No bairro onde me criei em Rio Branco, antes de levar uma criança ao médico, a primeira coisa que se fazia era levá-la a um rezador ou a uma benzedeira.

Acompanhei minha mãe muitas vezes à casa desse rezador, para que ele afastasse do caçula da família os “quebranto” que minavam sua saúde.  Eu olhava e achava muito interessante que, como parte do procedimento da reza, ele segurasse a criança de ponta cabeça na porta de sua casa.

Esse costume de procurar os rezadores e benzedeiras rareia cada vez mais nas grandes cidades, mas era muito comum algumas décadas atrás, por essas bandas da Amazônia, isoladas e desprendidas do resto do Brasil.

Não nego que, no inicio de minha vida adulta, sempre fui bem mais adepto do contato com os esculápios e seus fármacos do que de mãos milagrosas de velhinhos e velhinhas. Mas, como sempre dizia meu saudoso avô Leônidas: certos costumes de berço não se perdem quando se engrossa os beiços.

Já adulto, e com algumas léguas de indigenismo percorridas, lembro que, por volta de 2001, fui acometido de uma grave alergia na pele. Era uma espécie de urticária que me infernizou por meses sem que fármaco algum resolvesse. Os especialistas médicos que procurei tão pouco abrandavam a situação. Tive medo de ser o tão famoso e famigerado “fogo selvagem”.

Foto: agencia.ac.gov.br

E justamente quando a coisa estava crítica, fui escalado para uma atividade na Terra Indígena Praia do Carapanã, lar do nosso grande Prof. Dr. Joaquim Maná. Pensei até em desistir, haja vista a grave situação que me encontrava.

Chegando lá, às vésperas do dia de São João, após o quebra jejum do dia, contei ao Maná o que me acometia e este prontamente me indicou uma senhora da aldeia, bem velhinha que, segundo ele, resolveria meu problema.

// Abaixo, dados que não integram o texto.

-- ===== src/Mermaid/Sequence.antt =====
-- The sequence diagram of a flow (internal/mermaid/sequence.go). A text is cut between characters, and the
-- lanes are gone through in the order in which they were made.
use Prim.Native.Char.{code}
use interactivecodebase.Base.{
  ℕ, suc, ◌+◌, ◌-◌, String, ◌<>◌, ◌==◌, string_eq, nat_eq, Bool, true, false, not, ◌&&◌, ◌||◌, none,
  some, List, [], ◌∷◌, map, leb, ltb, length, contains, if◌then◌else◌,
}
use interactivecodebase.Base.Text.{decimal, has_prefix, split}
use interactivecodebase.Graph.Kinds.{route, entry, interface_call}
use interactivecodebase.Graph.Model.{Node, attr}
use interactivecodebase.Flow.Tree.{Info, Step, step, Steps, nil, cons, to_list, info}
use interactivecodebase.Mermaid.{
  Texts, get, put, Diagram, Builder, new_builder, line, diagram, label, ident,
}

-- `sinkLanes`
abbrev pub sink_lanes : Texts
sink_lanes =
    ("sink.sql", "Database")
    ∷ ("sink.file", "Files")
    ∷ ("sink.http", "External API")
    ∷ ("sink.smtp", "Mail server")
    ∷ ("sink.exec", "Process")
    ∷ ("sink.env", "Environment")
    ∷ []

unfoldable pub starter : Node → String
starter n =
    let kind = attr n.attrs "entryKind" in
    if not (n.kind == entry)
    then "Browser"
    else if kind == "worker" || kind == "job"
    then "Scheduler"
    else if kind == "command"
    then "CLI"
    else if kind == "rpc"
    then "Client"
    else if kind == "consumer"
    then "Broker"
    else "Caller"

-- `sequence`
pub record Drawing : Type 0 where
  pub builder : Builder
  pub lanes : Texts
  pub msgs : ℕ

abbrev pub draw : String → Drawing → Drawing
draw text d = record d { builder = line text d.builder }

unfoldable pub numbered : String → Drawing → Drawing
numbered graph d = record d {
  msgs = suc d.msgs;
  builder = record (d.builder) { ids = put (decimal (suc d.msgs)) graph (d.builder).ids };
}

-- An alias that is in use gets the number of the lanes behind it.
unfoldable pub unused : ℕ → String → Texts → String
unused n alias [] = alias
unused n alias ((title, used) ∷ more) =
    unused n (if used == alias then alias <> ("_" <> decimal n) else alias) more

abbrev pub new_alias : String → Drawing → String
new_alias title d = unused (length d.lanes) (ident title) d.lanes

unfoldable pub lane : String → Drawing → String × Drawing
lane title d = elim (get d.lanes title) [
  | some alias ↦ (alias, d)
  | none ↦ (
    new_alias title d,
    draw ("  participant " <> (new_alias title d <> (" as " <> label title)))
        (record d { lanes = put title (new_alias title d) d.lanes }),
  )
]

abbrev pub last_part : List String → String
last_part [] = ""
last_part (x ∷ []) = x
last_part (x ∷ y ∷ ys) = last_part (y ∷ ys)

unfoldable pub lane_title : Node → String
lane_title n = elim (get sink_lanes n.kind) [
  | some title ↦ title
  | none ↦ let pkg = last_part (split b'/' n.package_path) in if pkg == "" then "external" else pkg
]

-- `laneOf`
unfoldable pub lane_of : Node → Drawing → String × Drawing
lane_of n d = lane (lane_title n) d

unfoldable pub branch_title : String → String
branch_title branch = if branch == "each" then "each element" else "branch " <> branch

-- `strings.Fields`
unfoldable pub is_space : ℕ → Bool
is_space c =
    (leb 9 c && leb c 13)
    || (contains (32 ∷ 133 ∷ 160 ∷ 5760 ∷ 8232 ∷ 8233 ∷ 8239 ∷ 8287 ∷ 12288 ∷ []) c
        || (leb 8192 c && leb c 8202))

-- The words joined by one space; the flags: whether a word was written, and whether a space is due.
unfoldable pub collapse : Bool → Bool → String → String
collapse begun due String.[] = ""
collapse begun due (String.◌∷◌ c s) =
    let after_space = collapse begun true s in
    let after_word = collapse true false s in
    if is_space (code c)
    then after_space
    else if begun && due
    then " " <> String.◌∷◌ c after_word
    else String.◌∷◌ c after_word

unfoldable pub utf8_length : ℕ → ℕ
utf8_length c = if ltb c 128 then 1 else if ltb c 2048 then 2 else if ltb c 65536 then 3 else 4

unfoldable pub bytes : String → ℕ
bytes String.[] = 0
bytes (String.◌∷◌ c s) = utf8_length (code c) + bytes s

unfoldable pub first_bytes : ℕ → String → String
first_bytes n String.[] = ""
first_bytes n (String.◌∷◌ c s) =
    let rest = first_bytes (n - utf8_length (code c)) s in
    if leb (utf8_length (code c)) n then String.◌∷◌ c rest else ""

unfoldable pub summary : String → String
summary s =
    let words = collapse false false s in
    if ltb 60 (bytes words) then first_bytes 60 words <> "…" else words

unfoldable pub state_text : Info → String
state_text i =
    if i.cycle
    then " (recursive)"
    else if i.ref
    then " (as above)"
    else if i.truncated
    then " (…)"
    else ""

unfoldable pub calls_text : Info → String
calls_text i = if ltb 1 i.calls then " ×" <> decimal i.calls else ""

abbrev pub send : String → String → String → Node → Drawing → Drawing
send from to text n d =
    draw ("  " <> (from <> ("->>" <> (to <> (": " <> label text))))) (numbered n.id d)

-- `message`
unfoldable pub message : String → Info → String → Drawing → Drawing
message from i text d =
    let full = text <> (state_text i <> calls_text i) in
    if i.node.kind == route || i.node.kind == entry
    then send from from full i.node d
    else send from (lane_of i.node d).0 full i.node (lane_of i.node d).1

abbrev pub join_tables : List String → String
join_tables [] = ""
join_tables (t ∷ []) = t
join_tables (t ∷ u ∷ more) = t <> (", " <> join_tables (u ∷ more))

-- `strings.ToUpper` is a parameter.
module _ (upper : String → String) where
  -- `sink`; the tables are the children.
  unfoldable pub sink_text : Info → List Step → String
  sink_text i [] =
      if i.node.detail == "" then i.node.name else i.node.name <> (" " <> summary i.node.detail)
  sink_text i (t ∷ ts) =
      join_tables
        (map (λ c. upper (attr (info c).edge.attrs "op") <> (" " <> (info c).node.name)) (t ∷ ts))

  unfoldable pub sink : String → Info → List Step → Drawing → Drawing
  sink from i tables d =
      send from (lane_of i.node d).0 (sink_text i tables) i.node (lane_of i.node d).1

  -- The par block before a child: its end, its beginning, or its next branch.
  unfoldable pub blocks : String → String → String → String → Drawing → Drawing
  blocks group branch g br d =
      if not (g == group)
      then (let ended = if group == "" then d else draw "  end" d in
          if g == "" then ended else draw ("  par " <> branch_title br) ended)
      else if not (g == "") && not (br == branch)
      then draw ("  and " <> branch_title br) d
      else d

  abbrev pub is_sink_kind : Node → Bool
  is_sink_kind n = has_prefix n.kind "sink."

  -- One of several implementations, before its own calls.
  abbrev pub announce : String → String → String → Step → Drawing → Drawing
  announce from name keyword impl d =
      message from (info impl) (name <> (" → " <> (info impl).node.name))
        (draw ("  " <> (keyword <> (" " <> label (info impl).node.name))) d)

  -- `walk`, and its loop over the children with the open block and branch.
  unfoldable mutual
    pub walk : Step → Drawing → Drawing
    walk (step i ss) d = walk_children (lane_of i.node d).0 "" "" ss (lane_of i.node d).1

    pub walk_children : String → String → String → Steps → Drawing → Drawing
    walk_children from group branch nil d = if group == "" then d else draw "  end" d
    walk_children from group branch (cons (step i ss) more) d =
        let g = attr i.edge.attrs "parallel" in
        let br = attr i.edge.attrs "branch" in
        let opened = blocks group branch g br d in
        let dispatched = walk_dispatch from i ss opened in
        let called =
          walk_children (lane_of i.node (message from i i.node.name opened)).0 "" "" ss
            (lane_of i.node (message from i i.node.name opened)).1 in
        let drawn =
          if i.node.kind == interface_call
          then dispatched
          else if is_sink_kind i.node
          then sink from i (to_list ss) opened
          else called in
        walk_children from g br more drawn

    -- A call through an interface: alone, to its implementation, or to one of several.
    pub walk_dispatch : String → Info → Steps → Drawing → Drawing
    walk_dispatch from i nil d = message from i ("interface " <> i.node.name) d
    walk_dispatch from i (cons impl nil) d =
        walk impl (message from (info impl) (i.node.name <> (" → " <> (info impl).node.name)) d)
    walk_dispatch from i (cons impl (cons other more)) d =
        let first = walk impl (announce from i.node.name "alt" impl d) in
        draw "  end" (walk_choices from i.node.name (cons other more) first)

    pub walk_choices : String → String → Steps → Drawing → Drawing
    walk_choices from name nil d = d
    walk_choices from name (cons impl more) d =
        walk_choices from name more (walk impl (announce from name "else" impl d))

  unfoldable pub draw_handlers : String → Node → List Step → Drawing → Drawing
  draw_handlers actor root [] d = d
  draw_handlers actor root (h ∷ hs) d =
      draw_handlers actor root hs
        (walk h (message actor (info h) (root.name <> (" → " <> (info h).node.name)) d))

  -- `Sequence`
  unfoldable pub sequence : Step → Diagram
  sequence (step i ss) =
      let begun : Drawing = record {
        builder = new_builder "sequenceDiagram" "p";
        lanes = [];
        msgs = 0;
      } in
      let ready = draw "  autonumber" (draw ("  actor " <> starter i.node) begun) in
      diagram (draw_handlers (starter i.node) i.node (to_list ss) ready).builder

E assim, após ser apresentado a esta senhora, ela, munida de um pedaço de cipó que coletou na mata próxima, recitou algumas frases ininteligíveis para mim, enquanto cingia minha cintura com o sarmento que havia colhido. Deu-me algumas instruções e me dispensou sem mais cerimônias.

Após alguns poucos dias de uso, numa manhã, ao acordar, percebi que a tal enfermidade já perdera a força e, no dia seguinte, a mesma desapareceu completamente.

Não sei precisar quantas vezes recorri às rezas, poções e demais medicinas tradicionais dos indígenas em busca de paz de espírito ou de restauração de minha saúde nos anos que se seguiram, desde a feliz intervenção dessa benzedeira, na aldeia Mucuripe, Terra Indígena Praia do Carapanã (que não tem esse designativo à toa).

Foto: Tashka Yawanawa

Revivi essas memórias após uma entrevista que dei nesta semana, para a professora Cândida, da University of Califórnia que, entre outros temas, me fez conjecturar sobre o conflito invisível entre os processos de cura, as dietas e a medicina tradicional dos povos indígenas e a conhecida medicina biomédica, que está cada vez mais presente nas aldeias, através da atuação dos profissionais dos Distritos Sanitários Indígenas.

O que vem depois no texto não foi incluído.